» **WORK INSTRUCTIONS**: Only one stretch of the data below is wanted: the lines from the one with "c.awaited r false" through the one with "r ∷ w.request_queue)", repeated exactly.

» **RECORD SET**:
-- ===== src/Synch.antt =====
-- src/geekos/synch.c and include/geekos/synch.h: mutexes and condition variables.
-- A call that waits ends, as `waiting`, at the switch to another thread; the rest of it is a function of
-- its own, which the thread runs once it is switched to again. A mutex is known by a number, and a
-- condition by the name of its wait queue.
pub mod Calls
pub mod Exclusion
pub mod Semaphores
mod Tests
use geekos.Base.{◌==◌, if◌then◌else◌, ℕ, Bool, true, false, not, ◌&&◌, [], ◌∷◌}
use geekos.Base.Outcome.{Outcome, done, kassert, ◌>>=◌, ◌>>◌}
use geekos.Scheduler.{Sched, set_wait_queue, wait, wake_up, wake_up_one}

pub record Mutex : Type 0 where
  pub locked : Bool
  pub owner : ℕ
  pub wait_queue : ℕ

pub record World : Type 0 where
  pub sched : Sched
  pub mutexes : ℕ → Mutex

-- How a call that may wait ends.
pub data Progress : Type 0 where
  finished : Progress
  waiting : Progress

abbrev pub set_interrupts : World → Bool → World
set_interrupts w b = record w { sched = record w.sched { interrupts = b } }

abbrev pub set_preemption_disabled : World → Bool → World
set_preemption_disabled w b = record w { sched = record w.sched { preemption_disabled = b } }

abbrev pub set_mutex : World → ℕ → Bool → ℕ → World
set_mutex w m locked owner = record w {
  mutexes =
      λ n. if n == m then record (w.mutexes m) { locked = locked; owner = owner } else w.mutexes n;
}

unfoldable pub is_held : World → ℕ → Bool
is_held w m = (w.mutexes m).locked && (w.mutexes m).owner == w.sched.current

unfoldable pub mutex_init : World → ℕ → World
mutex_init w m = record (set_mutex w m false 0) {
  sched = set_wait_queue w.sched (w.mutexes m).wait_queue [];
}

unfoldable pub cond_init : World → ℕ → World
cond_init w c = record w { sched = set_wait_queue w.sched c [] }

-- Enable_Interrupts or Disable_Interrupts around a call of the scheduler.
unfoldable pub mutex_wait : World → ℕ → Outcome World
mutex_wait w m = do
  kassert (w.mutexes m).locked
  kassert w.sched.preemption_disabled
  s ←
      wait (record w.sched { interrupts = false; preemption_disabled = false })
        (w.mutexes m).wait_queue
  done (record w { sched = s })

-- The end of Mutex_Wait, once the thread runs again.
unfoldable pub awake : World → World
awake w = record w { sched = record w.sched { preemption_disabled = true; interrupts = true } }

-- The loop of Mutex_Lock_Imp, up to the next wait, and what follows it.
unfoldable pub lock_loop : World → ℕ → Outcome (Progress × World)
lock_loop w m =
    if (w.mutexes m).locked
    then (do w' ← mutex_wait w m; done (waiting, w'))
    else done (finished, set_mutex w m true w.sched.current)

unfoldable pub mutex_lock_imp : World → ℕ → Outcome (Progress × World)
mutex_lock_imp w m = do
  kassert w.sched.preemption_disabled
  kassert (not (is_held w m))
  lock_loop w m

-- Preemption is enabled again when the mutex was acquired.
unfoldable pub finish_lock : Progress × World → Progress × World
finish_lock (finished, w) = (finished, set_preemption_disabled w false)
finish_lock (waiting, w) = (waiting, w)

unfoldable pub mutex_lock : World → ℕ → Outcome (Progress × World)
unfolding finish_lock
mutex_lock w m = do
  kassert w.sched.interrupts
  r ← mutex_lock_imp (set_preemption_disabled w true) m
  done (finish_lock r)

-- Mutex_Lock from a wait on: the next test of the loop.
unfoldable pub resume_lock : World → ℕ → Outcome (Progress × World)
unfolding finish_lock
resume_lock w m = do r ← lock_loop (awake w) m; done (finish_lock r)

unfoldable pub wake_waiter : World → ℕ → Outcome World
wake_waiter w q = elim (w.sched.wait_queues q) [
  | [] ↦ done w
  | t ∷ ts ↦ do
    s ← wake_up_one (record w.sched { interrupts = false }) q
    done (record w { sched = record s { interrupts = true } })
]

unfoldable pub mutex_unlock_imp : World → ℕ → Outcome World
mutex_unlock_imp w m = do
  kassert w.sched.preemption_disabled
  kassert (is_held w m)
  wake_waiter (set_mutex w m false 0) (w.mutexes m).wait_queue

unfoldable pub mutex_unlock : World → ℕ → Outcome World
mutex_unlock w m = do
  kassert w.sched.interrupts
  w' ← mutex_unlock_imp (set_preemption_disabled w true) m
  done (set_preemption_disabled w' false)

-- Up to the switch to another thread.
unfoldable pub cond_wait : World → ℕ → ℕ → Outcome World
cond_wait w c m = do
  kassert w.sched.interrupts
  kassert (is_held w m)
  w' ← mutex_unlock_imp (set_preemption_disabled w true) m
  s ← wait (record w'.sched { interrupts = false; preemption_disabled = false }) c
  done (record w' { sched = s })

-- Cond_Wait from there on: the mutex is acquired again.
unfoldable pub resume_cond : World → ℕ → Outcome (Progress × World)
unfolding finish_lock
resume_cond w m = do r ← mutex_lock_imp (awake w) m; done (finish_lock r)

unfoldable pub cond_signal : World → ℕ → Outcome World
cond_signal w c = do
  kassert w.sched.interrupts
  s ← wake_up_one (record w.sched { interrupts = false }) c
  done (record w { sched = record s { interrupts = true } })

unfoldable pub cond_broadcast : World → ℕ → Outcome World
cond_broadcast w c = do
  kassert w.sched.interrupts
  s ← wake_up (record w.sched { interrupts = false }) c
  done (record w { sched = record s { interrupts = true } })
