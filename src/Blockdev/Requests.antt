-- ===== src/Blockdev/Requests.antt =====
-- The requests of src/geekos/blockdev.c, for one device. A request is known by its address, 0 is a null
-- pointer. A call that waits ends, as `waiting`, at the switch to another thread; the thread takes the
-- test of its loop again once it runs.
use geekos.Base.{◌==◌, if◌then◌else◌, ℕ, Bool, true, false, not, Option, none, some, List, [], ◌∷◌}
use geekos.Base.Outcome.{Outcome, done, kassert, ◌>>=◌, ◌>>◌}
use geekos.Errno.{Rc}
use geekos.Scheduler.{Sched, enqueue_thread, wait, wake_up}
use geekos.Synch.{Progress, finished, waiting}

pub data RequestState : Type 0 where
  pending completed failed : RequestState

abbrev pub is_pending : RequestState → Bool
is_pending pending = true
is_pending completed = false
is_pending failed = false

pub record Request : Type 0 where
  pub is_write : Bool
  pub block_num : ℕ
  pub buf : ℕ
  pub state : RequestState
  pub error_code : Rc
  pub wait_queue : ℕ

-- The scheduler, the requests, and the device's request queue and wait queue.
pub record Requests : Type 0 where
  pub sched : Sched
  pub requests : ℕ → Request
  pub request_queue : List ℕ
  pub wait_queue : ℕ

abbrev pub set_request : Requests → ℕ → Request → Requests
set_request b r x = record b { requests = λ a. if a == r then x else b.requests a }

-- At the address that Malloc gives, on memory that is not initialised.
unfoldable pub create_request : Requests → ℕ → Bool → ℕ → ℕ → Requests
create_request b r is_write block_num buf = set_request b r (record (b.requests r) {
  is_write = is_write;
  block_num = block_num;
  buf = buf;
  state = pending;
})

-- Post_Request_And_Wait up to its loop.
unfoldable pub post_request : Requests → ℕ → Outcome Requests
post_request b r = do
  kassert (not (r == 0))
  q ← enqueue_thread b.request_queue r
  s ← wake_up (record b.sched { interrupts = false }) b.wait_queue
  done (record b { request_queue = q; sched = record s { interrupts = true } })

-- The test of the loop of Post_Request_And_Wait, and what follows it.
unfoldable pub await_request : Requests → ℕ → Outcome (Progress × Requests)
await_request b r =
    let off = record b.sched { interrupts = false } in
    if is_pending (b.requests r).state
    then (do s ← wait off (b.requests r).wait_queue; done (waiting, record b { sched = s }))
    else done (finished, record b { sched = record off { interrupts = true } })

-- `none` where the driver has to wait.
unfoldable pub dequeue_request : Requests → Outcome (Option ℕ × Requests)
dequeue_request b =
    let off = record b.sched { interrupts = false } in
    elim b.request_queue [
      | [] ↦ do s ← wait off b.wait_queue; done (none, record b { sched = s })
      | r ∷ rs ↦
          done (some r, record b { request_queue = rs; sched = record off { interrupts = true } })
    ]

unfoldable pub notify_request_completion : Requests → ℕ → RequestState → Rc → Outcome Requests
notify_request_completion b r state code = do
  s ← wake_up (record b.sched { interrupts = false }) (b.requests r).wait_queue
  done (record (set_request b r (record (b.requests r) { state = state; error_code = code })) {
    sched = record s { interrupts = true };
  })
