-- ===== src/Blockdev/Delivery.antt =====
-- Requests of any number of clients, and the driver that carries them out.
use geekos.Base.{
  ◌==◌, if◌then◌else◌, ==_iff, Bool-cases, ℕ, ◌+◌, ◌≡◌, ap, ◌∙◌, ◌≢◌, inl, inr, Bool, true, false,
  ◌&&◌, none, some, List, [], ◌∷◌, ◌++◌, arith,
}
use geekos.Base.Outcome.{done}
use geekos.Blockdev.Requests.{
  Requests, RequestState, is_pending, set_request, create_request, post_request, await_request,
  dequeue_request, notify_request_completion,
}
use geekos.Errno.{Rc}
use geekos.Scheduler.{Sched, enqueue_thread}
use geekos.Synch.{Progress, finished, waiting}

-- How often a request stands in a queue.
abbrev pub occurrences : ℕ → List ℕ → ℕ
occurrences r [] = 0
occurrences r (x ∷ xs) = (if x == r then 1 else 0) + occurrences r xs

occurrences-append :
    (r a : ℕ) (xs : List ℕ)
    → occurrences r (xs ++ a ∷ []) ≡ occurrences r xs + (if a == r then 1 else 0)
occurrences-append r a [] = omega arith
occurrences-append r a (x ∷ xs) = omega (arith, occurrences-append r a xs)

-- The requests, the one that the driver carries out, 0 if there is none, and those for which a client
-- waits in Post_Request_And_Wait.
pub record Config : Type 0 where
  pub world : Requests
  pub driver : ℕ
  pub awaited : ℕ → Bool

abbrev pub mark : (ℕ → Bool) → ℕ → Bool → ℕ → Bool
mark f r b a = if a == r then b else f a

-- A client or the driver takes a step, or the kernel does something that touches no request. Malloc gives
-- no address of a request that a client waits for.
pub data Step (c : Config) : Config → Type 0 where
  post :
      (r : ℕ) (is_write : Bool) (block_num buf : ℕ) (w : Requests)
      → c.awaited r ≡ false
      → post_request (create_request c.world r is_write block_num buf) r ≡ done w
      → Step c (record c { world = w; awaited = mark c.awaited r true })
  await :
      (r : ℕ) (w : Requests)
      → await_request c.world r ≡ done (waiting, w)
      → Step c (record c { world = w })
  return :
      (r : ℕ) (w : Requests)
      → await_request c.world r ≡ done (finished, w)
      → Step c (record c { world = w; awaited = mark c.awaited r false })
  idle : (w : Requests) → dequeue_request c.world ≡ done (none, w) → Step c (record c { world = w })
  take :
      (r : ℕ) (w : Requests)
      → c.driver ≡ 0
      → dequeue_request c.world ≡ done (some r, w)
      → Step c (record c { world = w; driver = r })
  complete :
      (state : RequestState) (code : Rc) (w : Requests)
      → c.driver ≢ 0
      → is_pending state ≡ false
      → notify_request_completion c.world c.driver state code ≡ done w
      → Step c (record c { world = w; driver = 0 })
  other : (s : Sched) → Step c (record c { world = record c.world { sched = s } })

pub data Reach (c : Config) : Config → Type 0 where
  here : Reach c c
  next : {d e : Config} → Reach c d → Step d e → Reach c e

-- How often the request is on its way, and how often it should be.
abbrev pub on_its_way : Config → ℕ → ℕ
on_its_way c r = occurrences r c.world.request_queue + (if c.driver == r then 1 else 0)

abbrev pub due : Config → ℕ → ℕ
due c r = if c.awaited r && is_pending (c.world.requests r).state then 1 else 0

abbrev pub IsDelivering : Config → Type 0
IsDelivering c = (r : ℕ) → r ≢ 0 → on_its_way c r ≡ due c r

posted :
    (b w : Requests) (r : ℕ)
    → post_request b r ≡ done w
    → (w.requests ≡ b.requests) × (w.request_queue ≡ b.request_queue ++ r ∷ [])
unfolding post_request enqueue_thread
posted b w r h = (ground arith, ground arith)

awaited_same :
    (b w : Requests) (p : Progress) (r : ℕ)
    → await_request b r ≡ done (p, w)
    → (w.requests ≡ b.requests) × (w.request_queue ≡ b.request_queue)
unfolding await_request
awaited_same b w p r h = (ground arith, ground arith)

returned :
    (b w : Requests) (r : ℕ)
    → await_request b r ≡ done (finished, w)
    → is_pending (b.requests r).state ≡ false
unfolding await_request
returned b w r h = ground arith

idled :
    (b w : Requests)
    → dequeue_request b ≡ done (none, w)
    → (w.requests ≡ b.requests) × (w.request_queue ≡ b.request_queue)
unfolding dequeue_request
idled b w h = (ground arith, ground arith)

taken :
    (b w : Requests) (r : ℕ)
    → dequeue_request b ≡ done (some r, w)
    → (w.requests ≡ b.requests) × (b.request_queue ≡ r ∷ w.request_queue)
unfolding dequeue_request
taken b w r h = (ground arith, ground arith)

notified :
    (b w : Requests) (r : ℕ) (state : RequestState) (code : Rc)
    → notify_request_completion b r state code ≡ done w
    → (w.requests
        ≡ (set_request b r (record (b.requests r) { state = state; error_code = code })).requests)
      × (w.request_queue ≡ b.request_queue)
unfolding notify_request_completion
notified b w r state code h = (ground arith, ground arith)

-- Every step keeps the invariant of every request.
Step-IsDelivering : {c d : Config} → IsDelivering c → Step c d → IsDelivering d
unfolding create_request
Step-IsDelivering {c} inv (post r is_write block_num buf w fresh e) a nz =
    let (same, queue) = posted (create_request c.world r is_write block_num buf) w r e in
    let more = occurrences-append a r c.world.request_queue in
    elim (Bool-cases (a == r)) [
      | inl x ↦
          let free : c.awaited a ≡ false = ap c.awaited ((==_iff a r).0 x) ∙ fresh in
          rw (same, queue, x) (ground (arith, more, inv a nz, free, x))
      | inr x ↦ rw (same, queue, x) (ground (arith, more, inv a nz, x))
    ]
Step-IsDelivering {c} inv (await r w e) a nz =
    let (same, queue) = awaited_same c.world w waiting r e in rw (same, queue) (inv a nz)
Step-IsDelivering {c} inv (return r w e) a nz =
    let (same, queue) = awaited_same c.world w finished r e in
    let over = returned c.world w r e in
    elim (Bool-cases (a == r)) [
      | inl x ↦
          let past : is_pending (c.world.requests a).state ≡ false =
            ap (λ n. is_pending (c.world.requests n).state) ((==_iff a r).0 x) ∙ over in
          rw (same, queue, x) (ground (arith, inv a nz, past))
      | inr x ↦ rw (same, queue, x) (inv a nz)
    ]
Step-IsDelivering {c} inv (idle w e) a nz =
    let (same, queue) = idled c.world w e in rw (same, queue) (inv a nz)
Step-IsDelivering {c} inv (take r w none_held e) a nz =
    let (same, queue) = taken c.world w r e in
    let before = ap (occurrences a) queue in
    rw same (ground (arith, inv a nz, before, none_held, nz))
Step-IsDelivering {c} inv (complete state code w held over e) a nz =
    let (same, queue) = notified c.world w c.driver state code e in
    elim (Bool-cases (a == c.driver)) [
      | inl x ↦ rw (same, queue, x, over) (ground (arith, inv a nz, nz, x))
      | inr x ↦ rw (same, queue, x) (ground (arith, inv a nz, nz, x))
    ]
Step-IsDelivering {c} inv (other s) a nz = inv a nz

-- From a state without requests, whatever the clients and the driver of a device do, in any order: each
-- request for which a client waits and that is not completed is exactly once on its way, in the queue or
-- with the driver, and no other request is on its way. So none is lost, and none is carried out twice.
pub requests-delivered :
    (c d : Config) (r : ℕ)
    → c.world.request_queue ≡ []
    → c.driver ≡ 0
    → ((a : ℕ) → c.awaited a ≡ false)
    → Reach c d
    → r ≢ 0
    → on_its_way d r ≡ due d r
requests-delivered c d r empty no_driver quiet path nz =
    reached c d (λ a n. rw (empty, quiet a) (ground (arith, no_driver, n))) path r nz
  where
    reached : (x y : Config) → IsDelivering x → Reach x y → IsDelivering y
    reached x y inv here = inv
    reached x y inv (next {d = z} p s) = Step-IsDelivering (reached x z inv p) s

» **SOLVED PROBLEM**:
      → Step c (record c { world = w; awaited = mark c.awaited r false })
  idle : (w : Requests) → dequeue_request c.world ≡ done (none, w) → Step c (record c { world = w })
  take :
      (r : ℕ) (w : Requests)
      → c.driver ≡ 0
      → dequeue_request c.world ≡ done (some r, w)
      → Step c (record c { world = w; driver = r })
  complete :
      (state : RequestState) (code : Rc) (w : Requests)
      → c.driver ≢ 0
      → is_pending state ≡ false
      → notify_request_completion c.world c.driver state code ≡ done w
      → Step c (record c { world = w; driver = 0 })
  other : (s : Sched) → Step c (record c { world = record c.world { sched = s } })

pub data Reach (c : Config) : Config → Type 0 where
  here : Reach c c
  next : {d e : Config} → Reach c d → Step d e → Reach c e

-- How often the request is on its way, and how often it should be.
abbrev pub on_its_way : Config → ℕ → ℕ
on_its_way c r = occurrences r c.world.request_queue + (if c.driver == r then 1 else 0)

abbrev pub due : Config → ℕ → ℕ
due c r = if c.awaited r && is_pending (c.world.requests r).state then 1 else 0

abbrev pub IsDelivering : Config → Type 0
IsDelivering c = (r : ℕ) → r ≢ 0 → on_its_way c r ≡ due c r

posted :
    (b w : Requests) (r : ℕ)
    → post_request b r ≡ done w
    → (w.requests ≡ b.requests) × (w.request_queue ≡ b.request_queue ++ r ∷ [])
unfolding post_request enqueue_thread
posted b w r h = (ground arith, ground arith)

awaited_same :
    (b w : Requests) (p : Progress) (r : ℕ)
    → await_request b r ≡ done (p, w)
    → (w.requests ≡ b.requests) × (w.request_queue ≡ b.request_queue)
unfolding await_request
awaited_same b w p r h = (ground arith, ground arith)

returned :
    (b w : Requests) (r : ℕ)
    → await_request b r ≡ done (finished, w)
    → is_pending (b.requests r).state ≡ false
unfolding await_request
returned b w r h = ground arith

idled :
    (b w : Requests)
    → dequeue_request b ≡ done (none, w)
    → (w.requests ≡ b.requests) × (w.request_queue ≡ b.request_queue)
unfolding dequeue_request
idled b w h = (ground arith, ground arith)

taken :
    (b w : Requests) (r : ℕ)
    → dequeue_request b ≡ done (some r, w)
    → (w.requests ≡ b.requests) × (b.request_queue ≡ r ∷ w.request_queue)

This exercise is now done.